Law of Genome Evolution Direction : Coding Information Quantity Grows

TL;DR

This paper proposes that the quantity of coding information in genomes consistently increases during evolution, driven by functional needs, through mechanisms like duplication and gene transfer, indicating a directional trend in genome evolution.

Contribution

It introduces the concept that genome evolution is characterized by a continuous growth in coding information quantity, linking it to functional innovation and evolutionary directionality.

Findings

Coding information quantity grows over evolutionary time.

Growth is driven by sequence duplication, expansion, and gene transfer.

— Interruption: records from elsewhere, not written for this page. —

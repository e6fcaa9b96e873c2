-- ===== src/Echo/Tests.antt =====
-- Ann says hi.
use networking_projects.Prelude.{ℕ, ◌+◌, ◌≤◌, ◌≡◌, false, List, [], ◌∷◌, ◌++◌, some, arith}
use networking_projects.Echo.Text.{newline, semicolon, Lacks}
use networking_projects.Echo.Service.{hello, exclamation, greeting, process_msg}
use networking_projects.Echo.Client.{
  Answers, request_line, send_msg, run, outcome, IsDone, run-IsDone,
}
use networking_projects.Echo.Acceptor
use networking_projects.Echo.Acceptor.{accepts, fails, stops, IsSound, run-IsSound}
use networking_projects.Echo.Greeting.{
  process_msg-line, process_msg-no_delimiter, all_well, run-greets,
}
use networking_projects.Echo.Server

abbrev ann : List ℕ
ann = 65 ∷ 110 ∷ 110 ∷ []

abbrev hi : List ℕ
hi = 104 ∷ 105 ∷ []

no_semicolon : Lacks semicolon ann
no_semicolon = (λ e. omega arith, (λ e. omega arith, (λ e. omega arith, tt)))

no_newline : Lacks newline ann
no_newline = (λ e. omega arith, (λ e. omega arith, (λ e. omega arith, tt)))

ann_says_hi :
    process_msg ((ann ++ semicolon ∷ hi) ++ newline ∷ [])
    ≡ some (record { client_name = ann; client_message = hi; response = greeting ann })
ann_says_hi = process_msg-line ann hi newline no_semicolon (omega arith)

undelimited_line :
    process_msg (ann ++ newline ∷ [])
    ≡ some (record { client_name = ann; client_message = ann; response = greeting ann })
undelimited_line = process_msg-no_delimiter ann newline no_semicolon (omega arith)

run-greets_example :
    (process_msg (request_line ann hi)
      ≡ some (record { client_name = ann; client_message = hi; response = greeting ann }))
    × IsDone
        (run (3 + 2) (all_well (greeting ann)) (send_msg false ann hi))
        (hello ++ (ann ++ exclamation ∷ []), 0)
run-greets_example = run-greets 2 false ann hi no_semicolon no_newline (omega arith)

-- The write fails with error 9.
abbrev broken : Answers
broken = record { connect_ec = 0; write_ec = 9; read_ec = 0; received = [] }

run-IsDone_example : IsDone (run (3 + 0) broken (send_msg false ann hi)) (outcome broken)
run-IsDone_example = run-IsDone 0 broken false ann hi

run-IsSound_example :
    IsSound (Acceptor.run Acceptor.start (accepts ∷ fails ∷ []))
    × ((Acceptor.run
          (Acceptor.stop (Acceptor.run Acceptor.start (accepts ∷ fails ∷ [])))
          (accepts ∷ accepts ∷ [])).services
        ≤ (Acceptor.run Acceptor.start (accepts ∷ fails ∷ [])).services + 1)
run-IsSound_example = run-IsSound (accepts ∷ fails ∷ []) (accepts ∷ accepts ∷ [])
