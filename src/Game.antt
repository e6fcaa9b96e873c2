-- ===== src/Game.antt =====
-- The game of MMO_Game: what its messages mean (MMO_Game/include/MMO_Common.h), the server, and the
-- client with its map, its movement and its screen.
pub mod Common
pub mod Numbers
pub mod World
pub mod Movement
pub mod Control
pub mod Screen
pub mod GameServer
pub mod GameClient
pub mod Players
pub mod Frame
pub mod Sample
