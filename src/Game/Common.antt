-- ===== src/Game/Common.antt =====
-- MMO_Game/include/MMO_Common.h. A float is a value of a type `F` that the development knows nothing
-- about; the client's coordinates only travel through the server.
use networking_projects.Prelude.{ℕ, Bool}

-- A GameMsg read from the network may hold any uint32_t: `other` is one that has no name.
pub data GameMsg : Type 0 where
  server_get_status server_get_ping : GameMsg
  client_accepted client_assign_id : GameMsg
  client_register_with_server client_unregister_with_server : GameMsg
  game_add_player game_remove_player game_update_player : GameMsg
  other : ℕ → GameMsg

pub record Point (F : Type 0) : Type 0 where
  pub x : F
  pub y : F

pub record PlayerDescription (F : Type 0) : Type 0 where
  pub unique_id : ℕ
  pub avatar_id : ℕ
  pub radius : F
  pub pos : Point F
  pub vel : Point F
  pub yaw : F
  pub bullet_pos : Point F
  pub bullet_vel : Point F
  pub bullet_radius : F
  pub bullet_was_shot_and_still_exist : Bool
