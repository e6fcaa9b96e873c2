-- ===== src/Game/Numbers.antt =====
-- Floats, and the vectors of the engine: nothing is known of them but their names. A literal n / 10 ^ k
-- is `literal n k`.
use networking_projects.Prelude.{ℕ, Bool, Option}
use networking_projects.Prelude.Int.{ℤ}
use networking_projects.Game.Common.{Point}

pub record Numbers (F : Type 0) : Type 0 where
  pub literal : ℕ → ℕ → F
  pub negate : F → F
  pub minus : F → F → F
  pub times : F → F → F
  pub less : F → F → Bool
  pub is_nan : F → Bool
  pub of_int : ℤ → F
  -- The conversion to int, undefined outside its range, and `std::floor`.
  pub to_int : F → Option ℤ
  pub floor : F → F
  pub cos : F → F
  pub sin : F → F
  -- The float nearest to so many times M_PI / 4.
  pub quarter_turns : ℤ → F
  -- `+`, `-`, `* float`, `mag` and `norm` of olc::vf2d.
  pub add : Point F → Point F → Point F
  pub sub : Point F → Point F → Point F
  pub scale : Point F → F → Point F
  pub mag : Point F → F
  pub norm : Point F → Point F
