-- ===== src/Server.antt =====
-- MMO_Game/include/olcPGEX_Network/server_interface.h. Connection objects live on a heap and a
-- shared pointer is an address or null. What the class that derives from ServerInterface keeps is
-- the type `S`; its overrides are the record `Hooks`, and `OnMessage` an argument of `update`.
-- Work handed to asio is listed in `posted`, in order, with the connection that it belongs to.
pub mod Broadcast
pub mod Identity
pub mod Intake
pub mod Running
mod Tests
use networking_projects.Prelude.{
  ◌>>=◌, ℕ, zero, suc, ◌+◌, ◌%◌, ◌^◌, Bool, true, false, List, [], ◌∷◌, ◌++◌, map, Option, none,
  some, ◌==◌, if◌then◌else◌, length, get_elem?,
}
use networking_projects.Queue
use networking_projects.Queue.{Queue}
use networking_projects.Message.{Message}
use networking_projects.Connection.{new_connection, is_connected, connect_to_client, send}
use networking_projects.Connection.Types.{
  Connection, OwnedMessage, Platform, Owner, Action, post_send, enqueue, client_validated,
}

pub record Server (T S : Type 0) : Type 0 where
  pub messages_in : Queue (OwnedMessage T)
  pub connections : List (Option ℕ)
  pub id_counter : ℕ
  -- An `async_accept` is pending.
  pub accepting : Bool
  -- The context's thread runs.
  pub running : Bool
  -- Every connection made so far, by its address.
  pub heap : List (Connection T)
  pub posted : List (ℕ × Action T)
  pub user : S

-- The virtual functions, as far as the derived classes use them: they read the connection and change
-- what the derived class keeps. `on_client_validated` also gives the messages that it sends back.
pub record Hooks (T S : Type 0) : Type 0 where
  pub on_client_connect : S → Connection T → S × Bool
  pub on_client_disconnect : S → Option (Connection T) → S
  pub on_client_validated : S → Connection T → S × List (Message T)

-- What a pointer points to.
abbrev pub deref : {T : Type 0} → List (Connection T) → Option ℕ → Option (Connection T)
deref heap none = none
deref heap (some p) = get_elem? heap p

-- `client == other`, of shared pointers.
abbrev pub same : Option ℕ → Option ℕ → Bool
same none none = true
same none (some q) = false
same (some p) none = false
same (some p) (some q) = p == q

-- `erase(remove(begin, end, client), end)`.
unfoldable pub erase : Option ℕ → List (Option ℕ) → List (Option ℕ)
erase client [] = []
erase client (p ∷ ps) = let rest = erase client ps in if same p client then rest else p ∷ rest

module _ {T S : Type 0} (platform : Platform T) (hooks : Hooks T S) where
  unfoldable pub new_server : S → Server T S
  new_server user = record {
    messages_in = Queue.no_items;
    connections = [];
    id_counter = 10000;
    accepting = false;
    running = false;
    heap = [];
    posted = [];
    user = user;
  }

  -- `client && client->IsConnected()`.
  unfoldable pub can_talk : List (Connection T) → Option ℕ → Bool
  can_talk heap client = elim (deref heap client) [
    | none ↦ false
    | some c ↦ is_connected platform c
  ]

  post : Server T S → Option ℕ → List (Action T) → Server T S
  post s none actions = s
  post s (some p) actions = record s { posted = s.posted ++ map (λ a. (p, a)) actions }

  unfoldable pub wait_for_client_connection : Server T S → Server T S
  wait_for_client_connection s = record s { accepting = true }

  unfoldable pub start : Server T S → Server T S × Bool
  unfolding wait_for_client_connection
  start s = (record (wait_for_client_connection s) { running = true }, true)

  -- The context's thread, if there is one, has been joined.
  unfoldable pub stop : Server T S → Server T S
  stop s = if s.running then record s { running = false } else s

  unfoldable pub destroy : Server T S → Server T S
  unfolding stop
  destroy s = stop s

  -- Connection allowed: into the container, and the handshake begins.
  approve : Server T S → Connection T → Server T S
  unfolding post
  approve s newconn =
      let p = length s.heap in
      let (c, actions) = connect_to_client platform newconn s.id_counter in
      post
        (record s {
          heap = s.heap ++ c ∷ [];
          connections = s.connections ++ some p ∷ [];
          id_counter = (s.id_counter + 1) % 2 ^ 32;
        })
        (some p) actions

  -- The lambda of `async_accept`: an error, or a socket that is open or no longer is, and the time.
  unfoldable pub on_accept : Server T S → Option (Bool × ℕ) → Server T S
  unfolding approve wait_for_client_connection
  on_accept s none = wait_for_client_connection s
  on_accept s (some (is_open, now)) =
      let newconn = new_connection platform Owner.server is_open now in
      let (user, allowed) = hooks.on_client_connect s.user newconn in
      let s' = record s { user = user } in
      wait_for_client_connection
        (if allowed then approve s' newconn else record s' { heap = s.heap ++ newconn ∷ [] })

  -- A dead client is reported; the local pointer is reset before the container is searched for it.
  unfoldable pub message_client : Server T S → Option ℕ → Message T → Server T S
  unfolding can_talk post
  message_client s client msg =
      let lost = record s {
        user = hooks.on_client_disconnect s.user (deref s.heap client);
        connections = erase none s.connections;
      } in
      if can_talk s.heap client then post s client (send platform msg) else lost

  -- The loop of `MessageAllClients` over what is left of the container, which it writes back.
  each_client :
      Server T S → List (Option ℕ) → Message T → Option ℕ → Server T S × List (Option ℕ) × Bool
  unfolding can_talk post
  each_client s [] msg ignore = (s, [], false)
  each_client s (client ∷ clients) msg ignore =
      let alive = can_talk s.heap client in
      let told = if same client ignore then s else post s client (send platform msg) in
      let lost = record s { user = hooks.on_client_disconnect s.user (deref s.heap client) } in
      let (s', rest, invalid) = each_client (if alive then told else lost) clients msg ignore in
      if alive then (s', client ∷ rest, invalid) else (s', none ∷ rest, true)

  unfoldable pub message_all_clients : Server T S → Message T → Option ℕ → Server T S
  unfolding each_client
  message_all_clients s msg ignore =
      let (s', clients, invalid) = each_client s s.connections msg ignore in
      if invalid
      then record s' { connections = erase none clients }
      else record s' { connections = clients }

  -- `none` from the handler is undefined behaviour. The count of messages is the recursion: at most
  -- `max` rounds, none when the queue is empty.
  unfoldable pub update :
      (Server T S → Option ℕ → Message T → Option (Server T S))
      → ℕ
      → Server T S
      → Option (Server T S)
  update on_message zero s = some s
  update on_message (suc max) s = elim (Queue.pop s.messages_in) [
    | none ↦ some s
    | some (owned, rest) ↦
        on_message (record s { messages_in = rest }) owned.remote owned.msg >>= λ t.
        update on_message max t
  ]

  -- `server->OnClientValidated(shared_from_this())`.
  validated : ℕ → Server T S → Option (Connection T) → Server T S
  validated p s none = s
  validated p s (some c) =
      let (user, replies) = hooks.on_client_validated s.user c in
      record s { user = user; posted = s.posted ++ map (λ m. (p, post_send m)) replies }

  -- What a handler of the connection at `p` asks of the server: `Push` on the incoming queue,
  -- `OnClientValidated`, and work for asio.
  unfoldable pub perform : ℕ → Server T S → List (Action T) → Server T S
  unfolding post validated
  perform p s [] = s
  perform p s (enqueue m ∷ actions) =
      perform p (record s { messages_in = Queue.push s.messages_in m }) actions
  perform p s (client_validated ∷ actions) = perform p (validated p s (get_elem? s.heap p)) actions
  perform p s (other ∷ actions) = perform p (post s (some p) (other ∷ [])) actions
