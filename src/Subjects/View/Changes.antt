-- ===== src/Subjects/View/Changes.antt =====
-- The operations of `SubjectMap` (src/gate.rs) that give no subject an entry, on the abstract view.
use policy_gate.Prelude.{
  ℕ, ◌≡◌, inl, inr, refl, arith, Bool, true, none, Option-cases, Bool-cases, if_branches,
}
use policy_gate.Store.{Store}
use policy_gate.Lru.{Lru, find}
use policy_gate.Subjects.{
  Slot, Subjects, touched, tick_of, evict, touch, update, pop_subject, remove, remove_if,
  with_cache, matches, clear_all,
}
use policy_gate.Subjects.View.{
  Forgets, Forgets-trans, Distinct, seen, find-removed, remove-Distinct, remove-Forgets,
  renewed-seen,
}
use policy_gate.Subjects.View.Operations.{Single, evict-view, view}

module _ {T : Type 0} {lru : Lru T Slot} {P F : Type 0} where
  open lru use {dec, items, peek, get_mut, push, pop}

  renewed-view :
      (subject : T) (tick : ℕ) (m : Subjects lru P F)
      → Single m
      → let after = with_cache m (get_mut subject (touched tick) m.cache) in
        Single after × Forgets (view m) (view after)
  renewed-view subject tick m d = elim (Option-cases (find dec subject (items m.cache))) [
    | inl absent ↦
        rw (lru.get_mut_miss subject (touched tick) m.cache absent, with_cache) (d, λ k. inl refl)
    | inr (slot, found) ↦
        let (after, hit, listed, kept) =
          lru.get_mut_hit subject (touched tick) m.cache slot found in
        rw (hit, with_cache, listed)
          (
            (
              find-removed dec subject (items m.cache) d,
              remove-Distinct dec subject (items m.cache) d,
            ),
            λ k. inl (renewed-seen dec subject tick (items m.cache) slot found k),
          )
  ]

  -- A touch gives no subject an entry or another one.
  pub touch-view :
      (subject : T) (entry now : ℕ) (m : Subjects lru P F)
      → Single m
      → let after = (touch subject entry now m).0 in Single after × Forgets (view m) (view after)
  unfolding touch
  touch-view subject entry now m d =
      let tick = tick_of m now in
      let renewed = with_cache m (get_mut subject (touched tick) m.cache) in
      let r = renewed-view subject tick m d in
      let e = evict-view tick renewed r.0 in
      if_branches (λ (r : Subjects lru P F × Bool). Single r.0 × Forgets (view m) (view r.0))
        (matches m subject entry) (λ same. (e.0, Forgets-trans (view m) (view renewed) _ r.1 e.1))
        (λ other. evict-view tick m d)

  -- Neither does a change of an entry.
  pub update-view :
      (subject : T) (now : ℕ) (change : ℕ → Store P F → Store P F) (m : Subjects lru P F)
      → Single m
      → let after = update subject now change m in Single after × Forgets (view m) (view after)
  unfolding update
  update-view subject now change m d =
      let tick = tick_of m now in
      let e = evict-view tick m d in
      elim (Option-cases (peek subject (evict tick m).cache)) [
        | inl absent ↦ rw (absent, update) e
        | inr (slot, found) ↦ rw (found, update) e
      ]

  pop_subject-view :
      (subject : T) (m : Subjects lru P F)
      → Single m
      → let after = (pop_subject subject m).0 in
        Single after × (view after subject ≡ none) × Forgets (view m) (view after)
  unfolding pop_subject
  pop_subject-view subject m d =
      let gone : Distinct dec (items (pop subject m.cache).1)
          × (seen dec (items (pop subject m.cache).1) subject ≡ none)
          × Forgets (view m) (seen dec (items (pop subject m.cache).1)) =
        rw (lru.pop_items subject m.cache) (
          remove-Distinct dec subject (items m.cache) d,
          rw (find-removed dec subject (items m.cache) d) refl,
          remove-Forgets dec subject (items m.cache) d,
        ) in
      elim (Option-cases (pop subject m.cache).0) [
        | inl absent ↦ rw (absent, pop_subject) gone
        | inr (slot, found) ↦ rw (found, pop_subject) gone
      ]

  -- A removal takes the subject's entry, and gives no subject an entry.
  pub remove-view :
      (subject : T) (now : ℕ) (m : Subjects lru P F)
      → Single m
      → let after = (remove subject now m).0 in
        Single after × (view after subject ≡ none) × Forgets (view m) (view after)
  unfolding remove
  remove-view subject now m d =
      let kept = evict (tick_of m now) m in
      let e = evict-view (tick_of m now) m d in
      let p = pop_subject-view subject kept e.0 in
      (p.0, p.1, Forgets-trans (view m) (view kept) _ e.1 p.2)

  -- A conditional removal gives no subject an entry, and takes the subject's where it says so.
  pub remove_if-view :
      (subject : T) (now : ℕ) (predicate : ℕ → Store P F → Store P F × Bool) (m : Subjects lru P F)
      → Single m
      → let r = remove_if subject now predicate m in
        Single r.0 × (r.1 ≡ true → view r.0 subject ≡ none) × Forgets (view m) (view r.0)
  unfolding remove_if
  remove_if-view subject now predicate m d =
      let kept = evict (tick_of m now) m in
      let e = evict-view (tick_of m now) m d in
      elim (Option-cases (peek subject kept.cache)) [
        | inl absent ↦ rw (absent, remove_if) (e.0, λ h. absurd (ground arith), e.1)
        | inr (slot, found) ↦
            let r = predicate slot.entry kept.store in
            let judged : Subjects lru P F = record kept { store = r.0 } in
            let p = pop_subject-view subject judged e.0 in
            elim (Bool-cases r.1) [
              | inl gone ↦
                  rw (found, remove_if, gone)
                    (p.0, λ h. p.1, Forgets-trans (view m) (view kept) _ e.1 p.2)
              | inr stays ↦ rw (found, remove_if, stays) (e.0, λ h. absurd (ground arith), e.1)
            ]
      ]

  -- A clear leaves no subject an entry.
  pub clear_all-view :
      (m : Subjects lru P F) → Single (clear_all m) × ((k : T) → view (clear_all m) k ≡ none)
  unfolding clear_all
  clear_all-view m = rw (lru.clear_items m.cache) (tt, λ k. refl)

Increase in coding information correlates with functional innovation.

Abstract

The problem of the directionality of genome evolution is studied. Based on the analysis of C-value paradox and the evolution of genome size we propose that the function-coding information quantity of a genome always grows in the course of evolution through sequence duplication, expansion of code, and gene transfer from outside. The function-coding information quantity of a genome consists of two parts, p-coding information quantity which encodes functional protein and n-coding information quantity which encodes other functional elements except amino acid sequence. The evidences on the evolutionary law about the function-coding information quantity are listed. The needs of function is the motive force for the expansion of coding information quantity and the information quantity expansion is the way to make functional innovation and extension for a species. So, the increase of coding information quantity of a genome is a measure of the acquired new function and it determines the directionality of genome evolution.